Friday, January 9, 2009

There's No Audience!

Part 1 of 6 in the Research Roadmap for Public Communication of Science & Technology Series

The first of Borchelt's finding from the Roadmap, is that there is no general audience for science communication. To explain why this is an important, we first need to explore the concept of an "audience" for communication.

There is a strategy to communication of any kind. It's simple and employed by just about everyone, everyday.

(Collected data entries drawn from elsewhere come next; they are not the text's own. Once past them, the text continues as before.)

-- ===== src/Question.antt =====
-- src/core/parser/question.rs: the questions of a message, and their printer in src/core/parser/packet.rs.
pub mod Defs
pub mod RoundTrip
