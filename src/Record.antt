-- ===== src/Record.antt =====
-- src/core/parser/record.rs with record/srv.rs, record/ptr.rs and record/txt.rs: resource records, and
-- their printer in src/core/parser/packet.rs.
pub mod Defs
pub mod Data
pub mod DataReads
mod Words
mod Sized
pub mod RoundTrip
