-- ===== src/Signature.antt =====
-- src/core/signature.rs and the tables of src/core/parser/sigin.rs: the signature fields of a DNS packet,
-- how they are made and checked.
pub mod Schemes
pub mod Text
pub mod Words
pub mod Defs
pub mod Authority
pub mod Input
pub mod Fields
pub mod RoundTrip
mod Tests
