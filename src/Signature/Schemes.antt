-- ===== src/Signature/Schemes.antt =====
-- The tables of src/core/parser/sigin.rs: the signature schemes and their names. A scheme of `rustls` is
-- one of those that the code names, or another one by its number.
use ddns.Prelude.{
  and-eq-true, ℕ, ◌≡◌, refl, subst, Bool, true, ◌&&◌, if◌then◌else◌, ltb, not, ◌==◌, [], ◌∷◌,
  Option, none, some, All,
}
use mathlib.Core.Option.{some-injective, none-ne-some}
use ddns.Name.{Name}
use ddns.Name.Defs.{name_eq}

abbrev pub Text : Type 0
Text = Name

pub data SignatureScheme : Type 0 where
  ed25519 ecdsa_nistp256_sha256 ecdsa_nistp384_sha384 rsa_pss_sha256 rsa_pss_sha384 rsa_pss_sha512
        rsa_pkcs1_sha256 rsa_pkcs1_sha384 rsa_pkcs1_sha512 :
      SignatureScheme
  unknown : ℕ → SignatureScheme

-- ed25519
abbrev pub ed25519_name : Text
ed25519_name = 0x65 ∷ 0x64 ∷ 0x32 ∷ 0x35 ∷ 0x35 ∷ 0x31 ∷ 0x39 ∷ []

-- ecdsa-p256-sha256
abbrev pub ecdsa_nistp256_sha256_name : Text
ecdsa_nistp256_sha256_name =
    0x65 ∷ 0x63 ∷ 0x64 ∷ 0x73 ∷ 0x61 ∷ 0x2d ∷ 0x70 ∷ 0x32 ∷ 0x35 ∷ 0x36 ∷ 0x2d ∷ 0x73 ∷ 0x68 ∷ 0x61
    ∷ 0x32 ∷ 0x35 ∷ 0x36 ∷ []

-- ecdsa-p384-sha384
abbrev pub ecdsa_nistp384_sha384_name : Text
ecdsa_nistp384_sha384_name =
    0x65 ∷ 0x63 ∷ 0x64 ∷ 0x73 ∷ 0x61 ∷ 0x2d ∷ 0x70 ∷ 0x33 ∷ 0x38 ∷ 0x34 ∷ 0x2d ∷ 0x73 ∷ 0x68 ∷ 0x61
    ∷ 0x33 ∷ 0x38 ∷ 0x34 ∷ []

-- rsa-pss-sha256
abbrev pub rsa_pss_sha256_name : Text
rsa_pss_sha256_name =
    0x72 ∷ 0x73 ∷ 0x61 ∷ 0x2d ∷ 0x70 ∷ 0x73 ∷ 0x73 ∷ 0x2d ∷ 0x73 ∷ 0x68 ∷ 0x61 ∷ 0x32 ∷ 0x35 ∷ 0x36
    ∷ []

-- rsa-pss-sha384
abbrev pub rsa_pss_sha384_name : Text
rsa_pss_sha384_name =
    0x72 ∷ 0x73 ∷ 0x61 ∷ 0x2d ∷ 0x70 ∷ 0x73 ∷ 0x73 ∷ 0x2d ∷ 0x73 ∷ 0x68 ∷ 0x61 ∷ 0x33 ∷ 0x38 ∷ 0x34
    ∷ []

-- rsa-pss-sha512
abbrev pub rsa_pss_sha512_name : Text
rsa_pss_sha512_name =
    0x72 ∷ 0x73 ∷ 0x61 ∷ 0x2d ∷ 0x70 ∷ 0x73 ∷ 0x73 ∷ 0x2d ∷ 0x73 ∷ 0x68 ∷ 0x61 ∷ 0x35 ∷ 0x31 ∷ 0x32
    ∷ []

-- rsa-v1_5-sha256
abbrev pub rsa_pkcs1_sha256_name : Text
rsa_pkcs1_sha256_name =
    0x72 ∷ 0x73 ∷ 0x61 ∷ 0x2d ∷ 0x76 ∷ 0x31 ∷ 0x5f ∷ 0x35 ∷ 0x2d ∷ 0x73 ∷ 0x68 ∷ 0x61 ∷ 0x32 ∷ 0x35
    ∷ 0x36 ∷ []

-- rsa-v1_5-sha384
abbrev pub rsa_pkcs1_sha384_name : Text
rsa_pkcs1_sha384_name =
    0x72 ∷ 0x73 ∷ 0x61 ∷ 0x2d ∷ 0x76 ∷ 0x31 ∷ 0x5f ∷ 0x35 ∷ 0x2d ∷ 0x73 ∷ 0x68 ∷ 0x61 ∷ 0x33 ∷ 0x38
    ∷ 0x34 ∷ []

-- rsa-v1_5-sha512
abbrev pub rsa_pkcs1_sha512_name : Text
rsa_pkcs1_sha512_name =
    0x72 ∷ 0x73 ∷ 0x61 ∷ 0x2d ∷ 0x76 ∷ 0x31 ∷ 0x5f ∷ 0x35 ∷ 0x2d ∷ 0x73 ∷ 0x68 ∷ 0x61 ∷ 0x35 ∷ 0x31
    ∷ 0x32 ∷ []

unfoldable pub alg_name_for_scheme : SignatureScheme → Option Text
alg_name_for_scheme ed25519 = some ed25519_name
alg_name_for_scheme ecdsa_nistp256_sha256 = some ecdsa_nistp256_sha256_name
alg_name_for_scheme ecdsa_nistp384_sha384 = some ecdsa_nistp384_sha384_name
alg_name_for_scheme rsa_pss_sha256 = some rsa_pss_sha256_name
alg_name_for_scheme rsa_pss_sha384 = some rsa_pss_sha384_name
alg_name_for_scheme rsa_pss_sha512 = some rsa_pss_sha512_name
alg_name_for_scheme rsa_pkcs1_sha256 = some rsa_pkcs1_sha256_name
alg_name_for_scheme rsa_pkcs1_sha384 = some rsa_pkcs1_sha384_name
alg_name_for_scheme rsa_pkcs1_sha512 = some rsa_pkcs1_sha512_name
alg_name_for_scheme (unknown code) = none

unfoldable pub scheme_for_alg_name : Text → Option SignatureScheme
scheme_for_alg_name alg =
    if name_eq alg ed25519_name
    then some ed25519
    else if name_eq alg ecdsa_nistp256_sha256_name
    then some ecdsa_nistp256_sha256
    else if name_eq alg ecdsa_nistp384_sha384_name
    then some ecdsa_nistp384_sha384
    else if name_eq alg rsa_pss_sha256_name
    then some rsa_pss_sha256
    else if name_eq alg rsa_pss_sha384_name
    then some rsa_pss_sha384
    else if name_eq alg rsa_pss_sha512_name
    then some rsa_pss_sha512
    else if name_eq alg rsa_pkcs1_sha256_name
    then some rsa_pkcs1_sha256
    else if name_eq alg rsa_pkcs1_sha384_name
    then some rsa_pkcs1_sha384
    else if name_eq alg rsa_pkcs1_sha512_name
    then some rsa_pkcs1_sha512
    else none

-- What is between the quotes of the parameter: a byte of ASCII, and neither a quote nor a semicolon.
abbrev pub is_token : ℕ → Bool
is_token b = ltb b 128 && (not (b == 0x3b) && not (b == 0x22))

abbrev all_token : Text → Bool
all_token [] = true
all_token (b ∷ s) = is_token b && all_token s

pub literal_token : (s : Text) → all_token s ≡ true → All (λ b. is_token b ≡ true) s
literal_token [] h = tt
literal_token (b ∷ s) h =
    let (first, rest) = and-eq-true (is_token b) (all_token s) h in (first, literal_token s rest)

-- The name by which a scheme is found again, and that can be quoted.
abbrev IsNameOf : SignatureScheme → Text → Type 0
IsNameOf s alg = (scheme_for_alg_name alg ≡ some s) × All (λ b. is_token b ≡ true) alg

-- The name that is written for a scheme is the one by which it is found again, and it can be quoted.
pub scheme_for_alg_name-alg_name_for_scheme :
    (s : SignatureScheme) (alg : Text)
    → alg_name_for_scheme s ≡ some alg
    → (scheme_for_alg_name alg ≡ some s) × All (λ b. is_token b ≡ true) alg
unfolding alg_name_for_scheme scheme_for_alg_name name_eq
scheme_for_alg_name-alg_name_for_scheme ed25519 alg h =
    subst (IsNameOf ed25519) (some-injective ed25519_name alg h)
      (refl, literal_token ed25519_name refl)
scheme_for_alg_name-alg_name_for_scheme ecdsa_nistp256_sha256 alg h =
    subst (IsNameOf ecdsa_nistp256_sha256) (some-injective ecdsa_nistp256_sha256_name alg h)
      (refl, literal_token ecdsa_nistp256_sha256_name refl)
scheme_for_alg_name-alg_name_for_scheme ecdsa_nistp384_sha384 alg h =
    subst (IsNameOf ecdsa_nistp384_sha384) (some-injective ecdsa_nistp384_sha384_name alg h)
      (refl, literal_token ecdsa_nistp384_sha384_name refl)
scheme_for_alg_name-alg_name_for_scheme rsa_pss_sha256 alg h =
    subst (IsNameOf rsa_pss_sha256) (some-injective rsa_pss_sha256_name alg h)
      (refl, literal_token rsa_pss_sha256_name refl)
scheme_for_alg_name-alg_name_for_scheme rsa_pss_sha384 alg h =
    subst (IsNameOf rsa_pss_sha384) (some-injective rsa_pss_sha384_name alg h)
      (refl, literal_token rsa_pss_sha384_name refl)
scheme_for_alg_name-alg_name_for_scheme rsa_pss_sha512 alg h =
    subst (IsNameOf rsa_pss_sha512) (some-injective rsa_pss_sha512_name alg h)
      (refl, literal_token rsa_pss_sha512_name refl)
scheme_for_alg_name-alg_name_for_scheme rsa_pkcs1_sha256 alg h =
    subst (IsNameOf rsa_pkcs1_sha256) (some-injective rsa_pkcs1_sha256_name alg h)
      (refl, literal_token rsa_pkcs1_sha256_name refl)
scheme_for_alg_name-alg_name_for_scheme rsa_pkcs1_sha384 alg h =
    subst (IsNameOf rsa_pkcs1_sha384) (some-injective rsa_pkcs1_sha384_name alg h)
      (refl, literal_token rsa_pkcs1_sha384_name refl)
scheme_for_alg_name-alg_name_for_scheme rsa_pkcs1_sha512 alg h =
    subst (IsNameOf rsa_pkcs1_sha512) (some-injective rsa_pkcs1_sha512_name alg h)
      (refl, literal_token rsa_pkcs1_sha512_name refl)
scheme_for_alg_name-alg_name_for_scheme (unknown code) alg h = absurd (none-ne-some alg h)
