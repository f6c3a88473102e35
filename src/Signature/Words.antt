-- ===== src/Signature/Words.antt =====
-- The texts and the characters of the signature fields.
use ddns.Prelude.{ℕ, [], ◌∷◌}
use ddns.Signature.Schemes.{Text}

-- sha-256=:
abbrev pub digest_prefix : Text
digest_prefix = 0x73 ∷ 0x68 ∷ 0x61 ∷ 0x2d ∷ 0x32 ∷ 0x35 ∷ 0x36 ∷ 0x3d ∷ 0x3a ∷ []

-- dns=:
abbrev pub signature_prefix : Text
signature_prefix = 0x64 ∷ 0x6e ∷ 0x73 ∷ 0x3d ∷ 0x3a ∷ []

-- dns=("content-digest")
abbrev pub signature_input_prefix : Text
signature_input_prefix =
    0x64 ∷ 0x6e ∷ 0x73 ∷ 0x3d ∷ 0x28 ∷ 0x22 ∷ 0x63 ∷ 0x6f ∷ 0x6e ∷ 0x74 ∷ 0x65 ∷ 0x6e ∷ 0x74 ∷ 0x2d
    ∷ 0x64 ∷ 0x69 ∷ 0x67 ∷ 0x65 ∷ 0x73 ∷ 0x74 ∷ 0x22 ∷ 0x29 ∷ []

-- dns=
abbrev pub label_prefix : Text
label_prefix = 0x64 ∷ 0x6e ∷ 0x73 ∷ 0x3d ∷ []

-- ("content-digest")
abbrev pub covered : Text
covered =
    0x28 ∷ 0x22 ∷ 0x63 ∷ 0x6f ∷ 0x6e ∷ 0x74 ∷ 0x65 ∷ 0x6e ∷ 0x74 ∷ 0x2d ∷ 0x64 ∷ 0x69 ∷ 0x67 ∷ 0x65
    ∷ 0x73 ∷ 0x74 ∷ 0x22 ∷ 0x29 ∷ []

-- created=
abbrev pub created_prefix : Text
created_prefix = 0x63 ∷ 0x72 ∷ 0x65 ∷ 0x61 ∷ 0x74 ∷ 0x65 ∷ 0x64 ∷ 0x3d ∷ []

-- keyid=
abbrev pub keyid_prefix : Text
keyid_prefix = 0x6b ∷ 0x65 ∷ 0x79 ∷ 0x69 ∷ 0x64 ∷ 0x3d ∷ []

-- alg=
abbrev pub alg_prefix : Text
alg_prefix = 0x61 ∷ 0x6c ∷ 0x67 ∷ 0x3d ∷ []

-- sha256:
abbrev pub fingerprint_prefix : Text
fingerprint_prefix = 0x73 ∷ 0x68 ∷ 0x61 ∷ 0x32 ∷ 0x35 ∷ 0x36 ∷ 0x3a ∷ []

-- "content-digest":
abbrev pub base_digest : Text
base_digest =
    0x22 ∷ 0x63 ∷ 0x6f ∷ 0x6e ∷ 0x74 ∷ 0x65 ∷ 0x6e ∷ 0x74 ∷ 0x2d ∷ 0x64 ∷ 0x69 ∷ 0x67 ∷ 0x65 ∷ 0x73
    ∷ 0x74 ∷ 0x22 ∷ 0x3a ∷ 0x20 ∷ []

-- \n"@signature-params":
abbrev pub base_params : Text
base_params =
    0xa ∷ 0x22 ∷ 0x40 ∷ 0x73 ∷ 0x69 ∷ 0x67 ∷ 0x6e ∷ 0x61 ∷ 0x74 ∷ 0x75 ∷ 0x72 ∷ 0x65 ∷ 0x2d ∷ 0x70
    ∷ 0x61 ∷ 0x72 ∷ 0x61 ∷ 0x6d ∷ 0x73 ∷ 0x22 ∷ 0x3a ∷ 0x20 ∷ []

abbrev pub semicolon : ℕ
semicolon = 0x3b

abbrev pub colon : ℕ
colon = 0x3a

abbrev pub quote : ℕ
quote = 0x22
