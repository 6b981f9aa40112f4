-- ===== src/Runtime/Merge/Cuts.antt =====
-- The inputs and the output of merge.rs as streams of records that barriers cut into pieces.
use mathlib.Core.List.{append_assoc}
use flume_rs.Base.{◌≡◌, refl, List, [], ◌∷◌, ◌++◌, Option, none, some, arith}
use flume_rs.Core.Record.{
  Record, CheckpointBarrier, StreamElement, rec, watermark, checkpoint_barrier,
}
use flume_rs.Runtime.Merge.Views.{Output, left_of, right_of}

-- A stream without its watermarks, and its barriers alone.
module _ {T : Type 0} where
  abbrev pub unwatermarked : List (StreamElement T) → List (StreamElement T)
  unwatermarked [] = []
  unwatermarked (rec r ∷ xs) = rec r ∷ unwatermarked xs
  unwatermarked (watermark w ∷ xs) = unwatermarked xs
  unwatermarked (checkpoint_barrier b ∷ xs) = checkpoint_barrier b ∷ unwatermarked xs

  abbrev pub barriers : List (StreamElement T) → List CheckpointBarrier
  barriers [] = []
  barriers (rec r ∷ xs) = barriers xs
  barriers (watermark w ∷ xs) = barriers xs
  barriers (checkpoint_barrier b ∷ xs) = b ∷ barriers xs

  abbrev pub as_records : List (Record T) → List (StreamElement T)
  as_records [] = []
  as_records (r ∷ rs) = rec r ∷ as_records rs

  abbrev pub held_element : Option CheckpointBarrier → List (StreamElement T)
  held_element none = []
  held_element (some b) = checkpoint_barrier b ∷ []

abbrev pub held : Option CheckpointBarrier → List CheckpointBarrier
held none = []
held (some b) = b ∷ []

-- What of the output belongs to one input: its records, and the barriers.
module _ {A B : Type 0} where
  abbrev pub left_view : Output A B → List (StreamElement A)
  left_view [] = []
  left_view (rec r ∷ xs) = as_records (left_of r) ++ left_view xs
  left_view (watermark w ∷ xs) = left_view xs
  left_view (checkpoint_barrier b ∷ xs) = checkpoint_barrier b ∷ left_view xs

  abbrev pub right_view : Output A B → List (StreamElement B)
  right_view [] = []
  right_view (rec r ∷ xs) = as_records (right_of r) ++ right_view xs
  right_view (watermark w ∷ xs) = right_view xs
  right_view (checkpoint_barrier b ∷ xs) = checkpoint_barrier b ∷ right_view xs

  pub left_view-append : (xs ys : Output A B) → left_view (xs ++ ys) ≡ left_view xs ++ left_view ys
  left_view-append [] ys = refl
  left_view-append (rec r ∷ xs) ys = ground (
    arith,
    left_view-append xs ys,
    append_assoc (as_records (left_of r)) (left_view xs) (left_view ys),
  )
  left_view-append (watermark w ∷ xs) ys = left_view-append xs ys
  left_view-append (checkpoint_barrier b ∷ xs) ys = ground (arith, left_view-append xs ys)

  pub right_view-append :
      (xs ys : Output A B) → right_view (xs ++ ys) ≡ right_view xs ++ right_view ys
  right_view-append [] ys = refl
  right_view-append (rec r ∷ xs) ys = ground (
    arith,
    right_view-append xs ys,
    append_assoc (as_records (right_of r)) (right_view xs) (right_view ys),
  )
  right_view-append (watermark w ∷ xs) ys = right_view-append xs ys
  right_view-append (checkpoint_barrier b ∷ xs) ys = ground (arith, right_view-append xs ys)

Take this simple piece of communication heard in kitchens/labs across America:
Could you please do the dishes?
What do we know from this sentence?
  1. The dishes are not done.
  2. The dishes need to be done, and
  3. preferably not by the person making the statement.
Pretty successful communication, but it isn't great because fact #3 is a little vague. In a crowded kitchen, many people could hear the request and an hour later, there might still be a pile of dishes to be done. For better results, the phrase can be clarified.
Could you please do the dishes, sugar-dumpling?
OR
Hey you, could you please do the dishes?
The difference between these statements and the previous is simply that an audience has been clearly identified. Now assume that "sugar-dumpling" and "you" are the same person. Which of the questions is more likely to get the dishes done?

Identifying an audience and tailoring your message to that audience is critical to successful communication. It seems like a no-brainer, but surprisingly often, who a message is intended for is considered secondary to the message. Communicators forget that the purpose of communication is to get their message to someone else. Interestingly, it isn't always their fault.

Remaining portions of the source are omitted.